# Fedors Wife> Rogers Tranny Wife....?



## Crocop Team (Jan 26, 2007)

*Fedors Wife> Rogers Wife....?*

Another win in Fedors Column...what do you think? Who's ur pick?


----------



## khoveraki (Jun 28, 2009)

She looks so frail, I think Fedor might accidentally kill her someday if you know what I mean :X

pics of rogers wife?


----------



## vaj3000 (Dec 28, 2008)

lol you asked for it


----------



## Soakked (Feb 5, 2007)

Rogers wife is ghetto fab.


----------



## khoveraki (Jun 28, 2009)

Whoa, she looks like a walking stereotype. haha










The only thing about Fedor's wife is she looks too damn wholesome/subservient. I guess orthodox/religious/russian will make you look that way though.


----------



## Soakked (Feb 5, 2007)

We need Fedor babies NOW!! Get to work.


----------



## Sekou (Oct 25, 2008)

No...she looks like a woman to me.

She's just not a skinny white woman with a narrow face and pink cheeks.

*LOOKS CLOSELY*

yeap....


----------



## The Dude Abides (Jul 8, 2008)

Rogers wife is okay. It's that tranny hair-do that isn't doing her any favours.


----------



## Seperator88 (Jul 12, 2009)

Tiuana? like Tijuana?


----------



## Sekou (Oct 25, 2008)

Im guess the majority of people in this post are white males....
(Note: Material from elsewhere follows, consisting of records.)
-- ===== src/Budget/Examples.antt =====
-- bothy/budget.py: tests, and the theorems at concrete ledgers.
use bothy.Common.{
  ◌+◌, ◌≤◌, ◌<◌, ◌≡◌, ◌↔◌, refl, true, false, none, some, List, [], ◌∷◌, arith, subst, sym, ap, ok,
  err,
}
use bothy.Dict
use bothy.Budget.Policy.{BudgetPolicy, api, subscription, ceiling, per_run, unit}
use bothy.Budget.Ledger.{
  held, Reservation, BudgetRefused, File, missing, saved, Env, refused, needs_observed_used, load,
  save, roll_day, outstanding, drop_expired, sweep, is_expired, current, base, hold, reserve,
  settle_run, expire_stale, save_if_any,
}
use bothy.Budget.Conservation.{
  Op, reserves, reports, expires, run, step, committed_in, AllHonest, Covers,
}
use bothy.Budget.Cap.{run-committed-le-ceiling}
use bothy.Budget.Gate.{IsGrant, reserve-IsGrant, reserve-refused_iff}

abbrev dollars : BudgetPolicy
dollars = record {
  mode = api;
  per_run_usd = 2000000;
  per_day_usd = 5000000;
  model_pricing = "default";
  per_run_percent = 2000000;
  ceiling_percent = 85000000;
  reservation_ttl = 3600000000;
}

abbrev percents : BudgetPolicy
percents = record dollars { mode = subscription }

abbrev noon : Env
noon = record { now = 1000; fresh_id = "res_a"; disk_ok = true }

abbrev later : Env
later = record { now = 3600002000; fresh_id = "res_b"; disk_ok = true }

abbrev held_a : Reservation
held_a = record {
  id = "res_a";
  run_id = "run_a";
  amount = 2000000;
  unit = "usd";
  reserved_at = 1000;
  expires_at = 3600001000;
  actual = 0;
}

abbrev one_held : File
one_held =
    saved
      (record { day = 0; accrued = 0; reservations = ("res_a", held_a) ∷ []; recovered = false })

reserve_first : reserve dollars noon missing "run_a" none none none ≡ (one_held, ok held_a)
unfolding reserve current load roll_day drop_expired sweep base hold outstanding ceiling per_run
    unit save Dict.set
reserve_first = refl

-- the day rolls over nothing here: the expired row is charged to the day, and its room is free
expire_charges : expire_stale dollars later one_held ≡ (
  saved (record { day = 0; accrued = 2000000; reservations = []; recovered = false }),
  ok (held_a ∷ []),
)
unfolding expire_stale load roll_day drop_expired sweep is_expired save_if_any
expire_charges = refl

abbrev history : List (Env × Op)
history =
    (noon, reserves "run_a" none none none)
    ∷ (noon, reports "res_a" 1500000)
    ∷ (later, expires)
    ∷ (later, reserves "run_b" (some 4000000) none none)
    ∷ []

one_held-Covers : Covers one_held "res_a" 1500000
unfolding load Dict.get held
one_held-Covers r e = ground arith

history_honest : AllHonest dollars missing history
unfolding step
history_honest = (
  tt,
  (
    subst (λ g. Covers g "res_a" 1500000) (sym (ap (λ c. c.0) reserve_first)) one_held-Covers,
    (tt, (tt, tt)),
  ),
)

missing_within : committed_in missing ≤ ceiling dollars
unfolding load outstanding ceiling
missing_within = omega arith

run-committed-le-ceiling_example : committed_in (run dollars missing history) ≤ ceiling dollars
run-committed-le-ceiling_example =
    run-committed-le-ceiling dollars missing history refl history_honest missing_within

first_ok : (reserve dollars noon missing "run_a" none none none).1 ≡ ok held_a
first_ok = rw reserve_first

reserve-IsGrant_example :
    IsGrant dollars 0 held_a (reserve dollars noon missing "run_a" none none none).0
unfolding current load roll_day drop_expired sweep base
reserve-IsGrant_example =
    reserve-IsGrant dollars noon missing "run_a" none none none 0 held_a refl first_ok

reserve-refused_iff_example :
    ((b : BudgetRefused) × ((reserve percents later one_held "run_b" none (some 84000000) none).1
        ≡ err (refused b)))
    ↔ (85000000 < 84000000 + 0 + 2000000)
unfolding current load roll_day drop_expired sweep base outstanding is_expired ceiling per_run
reserve-refused_iff_example =
    reserve-refused_iff percents later one_held "run_b" none (some 84000000) none 84000000 refl

blind : (reserve percents later one_held "run_b" none none none).1 ≡ err needs_observed_used
unfolding reserve base
blind = refl

one_held-IsUnique : Dict.IsUnique (load 0 one_held).reservations
unfolding load Dict.get
one_held-IsUnique = (refl, tt)

settled_ok : (settle_run dollars later one_held "run_a").1 ≡ ok (held_a ∷ [])
unfolding settle_run load roll_day sweep save_if_any save
settled_ok = refl

expired_ok : (expire_stale dollars noon one_held).1 ≡ ok []
unfolding expire_stale load roll_day drop_expired sweep is_expired save_if_any
expired_ok = refl
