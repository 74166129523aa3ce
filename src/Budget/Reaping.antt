-- ===== src/Budget/Reaping.antt =====
-- bothy/budget.py: which reservations a sweep takes and which it leaves.
use bothy.Common.{
  ℕ, ◌≤◌, String, ◌≡◌, ◌≢◌, Bool, false, some, [], ◌∷◌, arith, Bool-cases, inl, inr, refl, sym, ◌↔◌,
  le→ltb-false, ◌∙◌, List, ok, str_eq_iff, ltb-false→le, str_eq, if◌then◌else◌,
}
use bothy.Dict
use bothy.Dict.{Dict}
use bothy.Budget.Policy.{BudgetPolicy}
use bothy.Budget.Ledger.{
  Call, Reservation, State, File, Env, load, roll_day, reap, sweep, is_expired, drop_expired,
  settle_run, expire_stale, save, save_if_any, accrue, held,
}
use bothy.Budget.Conservation.{reservations-load, reservations-roll_day}

module _ (p : BudgetPolicy) (gone : Reservation → Bool) (id : String) (r : Reservation) where
  reap_left :
      (accrued : ℕ) (rows : Dict Reservation)
      → Dict.get (reap p gone accrued rows).rows id ≡ some r
      → gone r ≡ false
  unfolding reap Dict.get
  reap_left accrued [] h = ground arith
  reap_left accrued ((k, x) ∷ rows) h =
      let next = if gone x then accrue p accrued (held x) else accrued in
      ground (arith, reap_left next rows)

  reap_kept :
      (accrued : ℕ) (rows : Dict Reservation)
      → Dict.get rows id ≡ some r
      → gone r ≡ false
      → Dict.get (reap p gone accrued rows).rows id ≡ some r
  unfolding reap Dict.get
  reap_kept accrued [] h live = ground arith
  reap_kept accrued ((k, x) ∷ rows) h live =
      let next = if gone x then accrue p accrued (held x) else accrued in
      ground (arith, reap_kept next rows)

  reap_found :
      (accrued : ℕ) (rows : Dict Reservation)
      → Dict.IsUnique rows
      → Dict.get (reap p gone accrued rows).rows id ≡ some r
      → Dict.get rows id ≡ some r
  unfolding reap Dict.get
  reap_found accrued [] u h = ground arith
  reap_found accrued ((k, x) ∷ rows) u h =
      let next = if gone x then accrue p accrued (held x) else accrued in
      ground (arith, reap_found next rows u.1, str_eq_iff k id)

module _ (p : BudgetPolicy) (gone : Reservation → Bool) where
  nothing_reaped :
      (accrued : ℕ) (rows : Dict Reservation)
      → (reap p gone accrued rows).reaped ≡ []
      → (reap p gone accrued rows).rows ≡ rows
  unfolding reap
  nothing_reaped accrued [] h = refl
  nothing_reaped accrued ((k, x) ∷ rows) h =
      let next = if gone x then accrue p accrued (held x) else accrued in
      ground (arith, nothing_reaped next rows)

module _ (env : Env) (f : File) where
  rows-save_if_any :
      (s : State) (rs reaped : List Reservation)
      → (rs ≡ [] → s.reservations ≡ (load 0 f).reservations)
      → (save_if_any env f (s, rs)).1 ≡ ok reaped
      → (load 0 (save_if_any env f (s, rs)).0).reservations ≡ s.reservations
  unfolding save_if_any save load
  rows-save_if_any s [] reaped same h = sym (same refl)
  rows-save_if_any s (r ∷ rs) reaped same h = elim (Bool-cases env.disk_ok) [
    | inl e ↦ rw e
    | inr e ↦ cc (rw e at h)
  ]

module _ (p : BudgetPolicy) (gone : Reservation → Bool) (env : Env) (f : File) where
  abbrev rolled : State
  rolled = roll_day env.now (load env.now f)

  abbrev swept : Call (List Reservation)
  swept = save_if_any env f (sweep p gone rolled)

  rows-rolled : rolled.reservations ≡ (load 0 f).reservations
  rows-rolled = reservations-roll_day env.now (load env.now f) ∙ reservations-load env.now f

  module _ (reaped : List Reservation) (done : swept.1 ≡ ok reaped) where
    rows-swept :
        (load 0 swept.0).reservations ≡ (reap p gone rolled.accrued rolled.reservations).rows
    unfolding sweep
    rows-swept =
        rows-save_if_any env f _ _ reaped
          (λ e. nothing_reaped p gone rolled.accrued rolled.reservations e ∙ rows-rolled) done

    swept_iff :
        (id : String) (r : Reservation)
        → Dict.IsUnique (load 0 f).reservations
        → (Dict.get (load 0 swept.0).reservations id ≡ some r)
          ↔ ((Dict.get (load 0 f).reservations id ≡ some r) × (gone r ≡ false))
    swept_iff id r u =
        rw (rows-swept, rows-rolled)
          (
            (λ h. (reap_found p gone id r _ _ u h, reap_left p gone id r _ _ h)),
            (λ h. reap_kept p gone id r _ _ h.0 h.1),
          )

-- After a run is settled by its id, a reservation is in the file exactly if it was there before
-- and belongs to another run. It holds for every call that returns; the rows' keys are distinct.
pub settle_run-get_iff :
    (p : BudgetPolicy) (env : Env) (f : File) (run_id : String) (settled : List Reservation)
    → (settle_run p env f run_id).1 ≡ ok settled
    → Dict.IsUnique (load 0 f).reservations
    → (id : String) (r : Reservation)
    → (Dict.get (load 0 (settle_run p env f run_id).0).reservations id ≡ some r)
      ↔ ((Dict.get (load 0 f).reservations id ≡ some r) × (r.run_id ≢ run_id))
unfolding settle_run
settle_run-get_iff p env f run_id settled done u id r =
    let (l, g) = swept_iff p (λ x. str_eq x.run_id run_id) env f settled done id r u in
    (
      λ h. ((l h).0, λ e. cc ((l h).1, (str_eq_iff r.run_id run_id).1 e)),
      λ h. g (h.0, not_same h.1),
    )
  where
    not_same : r.run_id ≢ run_id → str_eq r.run_id run_id ≡ false
    not_same ne = ground (arith, str_eq_iff r.run_id run_id)

-- After a sweep at the instant `env.now`, a reservation is in the file exactly if it was there
-- before and had not expired: none outlives its term, and none goes early. It holds for every
-- call that returns; the rows' keys are distinct.
pub expire_stale-get_iff :
    (p : BudgetPolicy) (env : Env) (f : File) (expired : List Reservation)
    → (expire_stale p env f).1 ≡ ok expired
    → Dict.IsUnique (load 0 f).reservations
    → (id : String) (r : Reservation)
    → (Dict.get (load 0 (expire_stale p env f).0).reservations id ≡ some r)
      ↔ ((Dict.get (load 0 f).reservations id ≡ some r) × (env.now ≤ r.expires_at))
unfolding expire_stale drop_expired
expire_stale-get_iff p env f expired done u id r =
    let (l, g) = swept_iff p (is_expired env.now) env f expired done id r u in
    (
      λ h. ((l h).0, ltb-false→le _ _ (unfold is_expired in (l h).1)),
      λ h. g (h.0, unfold is_expired in le→ltb-false _ _ h.1),
    )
I get that vibe, based upon the majority of the responses


----------



## name goes here (Aug 15, 2007)

Is it really so white to want to date the thinner girl, without that hair and make up?


----------



## cabby (Sep 15, 2006)

shanaynay rodgers


----------



## Sekou (Oct 25, 2008)

excuse my anger.....I just get tired of the disrespect, ridicule and torment of Black women in the U.S. (part of the reason I moved)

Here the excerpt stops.